▸ WHAT IS NEEDED
Could you copy every line from the material below in which "built" appears?

──────── INPUT MATERIAL

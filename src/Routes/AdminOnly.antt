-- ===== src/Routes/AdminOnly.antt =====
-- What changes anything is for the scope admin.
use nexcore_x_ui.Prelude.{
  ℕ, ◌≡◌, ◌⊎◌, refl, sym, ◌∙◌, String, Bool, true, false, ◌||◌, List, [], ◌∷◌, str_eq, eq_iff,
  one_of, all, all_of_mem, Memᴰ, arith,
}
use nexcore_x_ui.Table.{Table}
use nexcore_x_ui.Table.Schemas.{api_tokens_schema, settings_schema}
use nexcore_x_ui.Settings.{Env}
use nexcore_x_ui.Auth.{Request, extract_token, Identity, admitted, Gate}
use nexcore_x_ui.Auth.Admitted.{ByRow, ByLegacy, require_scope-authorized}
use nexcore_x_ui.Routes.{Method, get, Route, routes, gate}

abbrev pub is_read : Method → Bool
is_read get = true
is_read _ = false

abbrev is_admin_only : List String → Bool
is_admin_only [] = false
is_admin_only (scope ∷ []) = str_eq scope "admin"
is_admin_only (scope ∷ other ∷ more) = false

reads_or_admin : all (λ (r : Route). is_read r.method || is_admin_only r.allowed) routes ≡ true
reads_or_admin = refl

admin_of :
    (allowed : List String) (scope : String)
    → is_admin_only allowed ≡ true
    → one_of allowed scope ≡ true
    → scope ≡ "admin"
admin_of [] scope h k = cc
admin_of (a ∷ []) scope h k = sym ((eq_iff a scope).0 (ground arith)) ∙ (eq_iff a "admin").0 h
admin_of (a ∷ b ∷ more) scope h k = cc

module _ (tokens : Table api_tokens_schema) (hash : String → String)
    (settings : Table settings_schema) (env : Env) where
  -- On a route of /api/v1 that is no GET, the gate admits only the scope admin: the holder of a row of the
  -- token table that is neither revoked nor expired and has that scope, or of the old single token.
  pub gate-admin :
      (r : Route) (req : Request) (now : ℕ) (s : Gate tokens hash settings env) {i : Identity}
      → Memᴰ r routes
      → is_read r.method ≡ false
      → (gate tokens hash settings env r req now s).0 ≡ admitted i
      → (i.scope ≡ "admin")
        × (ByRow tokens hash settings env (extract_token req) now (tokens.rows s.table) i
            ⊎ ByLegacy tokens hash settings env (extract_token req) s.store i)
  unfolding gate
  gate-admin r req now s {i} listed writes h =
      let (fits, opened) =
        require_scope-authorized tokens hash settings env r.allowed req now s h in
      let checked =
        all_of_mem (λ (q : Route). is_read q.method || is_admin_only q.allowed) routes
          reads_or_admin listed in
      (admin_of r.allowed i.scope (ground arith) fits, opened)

────────────────
──────── INPUT MATERIAL

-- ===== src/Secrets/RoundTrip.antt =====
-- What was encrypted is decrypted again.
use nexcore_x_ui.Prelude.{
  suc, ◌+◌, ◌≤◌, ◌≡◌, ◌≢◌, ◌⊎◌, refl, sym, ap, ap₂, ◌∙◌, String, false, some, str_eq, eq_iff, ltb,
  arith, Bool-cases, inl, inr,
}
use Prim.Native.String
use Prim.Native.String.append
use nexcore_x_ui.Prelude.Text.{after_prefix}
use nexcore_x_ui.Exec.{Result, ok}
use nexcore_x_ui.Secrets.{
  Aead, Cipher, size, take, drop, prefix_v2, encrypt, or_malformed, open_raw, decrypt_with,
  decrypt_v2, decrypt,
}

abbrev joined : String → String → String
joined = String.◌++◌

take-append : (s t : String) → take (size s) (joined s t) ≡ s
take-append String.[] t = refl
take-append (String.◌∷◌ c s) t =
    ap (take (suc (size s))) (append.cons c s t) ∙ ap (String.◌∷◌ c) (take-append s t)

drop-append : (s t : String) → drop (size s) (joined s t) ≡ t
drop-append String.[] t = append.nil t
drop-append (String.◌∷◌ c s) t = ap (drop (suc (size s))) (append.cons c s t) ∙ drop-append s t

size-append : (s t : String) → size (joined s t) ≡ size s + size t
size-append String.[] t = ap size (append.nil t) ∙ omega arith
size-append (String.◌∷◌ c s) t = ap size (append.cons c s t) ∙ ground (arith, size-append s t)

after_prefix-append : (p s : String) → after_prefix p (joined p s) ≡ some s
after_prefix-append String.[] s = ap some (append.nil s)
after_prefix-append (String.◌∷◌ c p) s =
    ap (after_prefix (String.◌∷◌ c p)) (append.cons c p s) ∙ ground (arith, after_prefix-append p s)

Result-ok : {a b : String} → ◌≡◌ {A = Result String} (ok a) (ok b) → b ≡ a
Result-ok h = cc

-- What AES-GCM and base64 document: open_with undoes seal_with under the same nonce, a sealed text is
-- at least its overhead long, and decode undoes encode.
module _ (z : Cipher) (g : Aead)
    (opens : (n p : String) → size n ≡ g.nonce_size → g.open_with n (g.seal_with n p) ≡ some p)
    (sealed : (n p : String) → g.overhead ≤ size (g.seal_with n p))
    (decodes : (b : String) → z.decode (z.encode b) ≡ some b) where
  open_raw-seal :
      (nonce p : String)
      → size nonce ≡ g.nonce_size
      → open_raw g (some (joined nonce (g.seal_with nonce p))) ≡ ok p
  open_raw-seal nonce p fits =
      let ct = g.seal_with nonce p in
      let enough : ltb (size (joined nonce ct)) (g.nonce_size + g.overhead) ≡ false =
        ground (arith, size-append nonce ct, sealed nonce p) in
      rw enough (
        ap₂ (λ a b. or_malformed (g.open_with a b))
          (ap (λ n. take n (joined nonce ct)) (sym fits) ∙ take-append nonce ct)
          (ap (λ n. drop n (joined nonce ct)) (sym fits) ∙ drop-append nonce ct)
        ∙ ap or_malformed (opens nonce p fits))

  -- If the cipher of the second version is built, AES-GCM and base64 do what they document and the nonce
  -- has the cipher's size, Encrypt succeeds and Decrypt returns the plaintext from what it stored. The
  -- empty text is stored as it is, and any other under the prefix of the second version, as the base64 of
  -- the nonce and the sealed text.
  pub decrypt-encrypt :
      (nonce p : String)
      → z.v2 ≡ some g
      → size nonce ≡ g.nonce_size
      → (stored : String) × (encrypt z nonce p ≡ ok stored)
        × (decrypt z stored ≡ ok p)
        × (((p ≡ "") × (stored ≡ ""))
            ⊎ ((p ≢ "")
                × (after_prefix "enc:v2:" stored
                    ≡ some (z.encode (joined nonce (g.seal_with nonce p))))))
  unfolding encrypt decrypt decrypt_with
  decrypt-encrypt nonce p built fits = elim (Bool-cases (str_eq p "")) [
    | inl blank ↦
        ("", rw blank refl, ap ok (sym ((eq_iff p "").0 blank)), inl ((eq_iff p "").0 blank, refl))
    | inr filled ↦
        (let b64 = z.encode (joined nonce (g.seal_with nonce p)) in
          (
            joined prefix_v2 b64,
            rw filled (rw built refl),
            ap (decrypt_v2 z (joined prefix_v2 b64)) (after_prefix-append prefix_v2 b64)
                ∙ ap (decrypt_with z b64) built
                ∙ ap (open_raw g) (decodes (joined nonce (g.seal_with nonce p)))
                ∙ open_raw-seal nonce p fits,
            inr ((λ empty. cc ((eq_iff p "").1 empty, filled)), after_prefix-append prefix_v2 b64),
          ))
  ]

────────────────

▸ FINISHED EXERCISE
  -- If the cipher of the second version is built, AES-GCM and base64 do what they document and the nonce
  decrypt-encrypt nonce p built fits = elim (Bool-cases (str_eq p "")) [
            rw filled (rw built refl),
                ∙ ap (decrypt_with z b64) built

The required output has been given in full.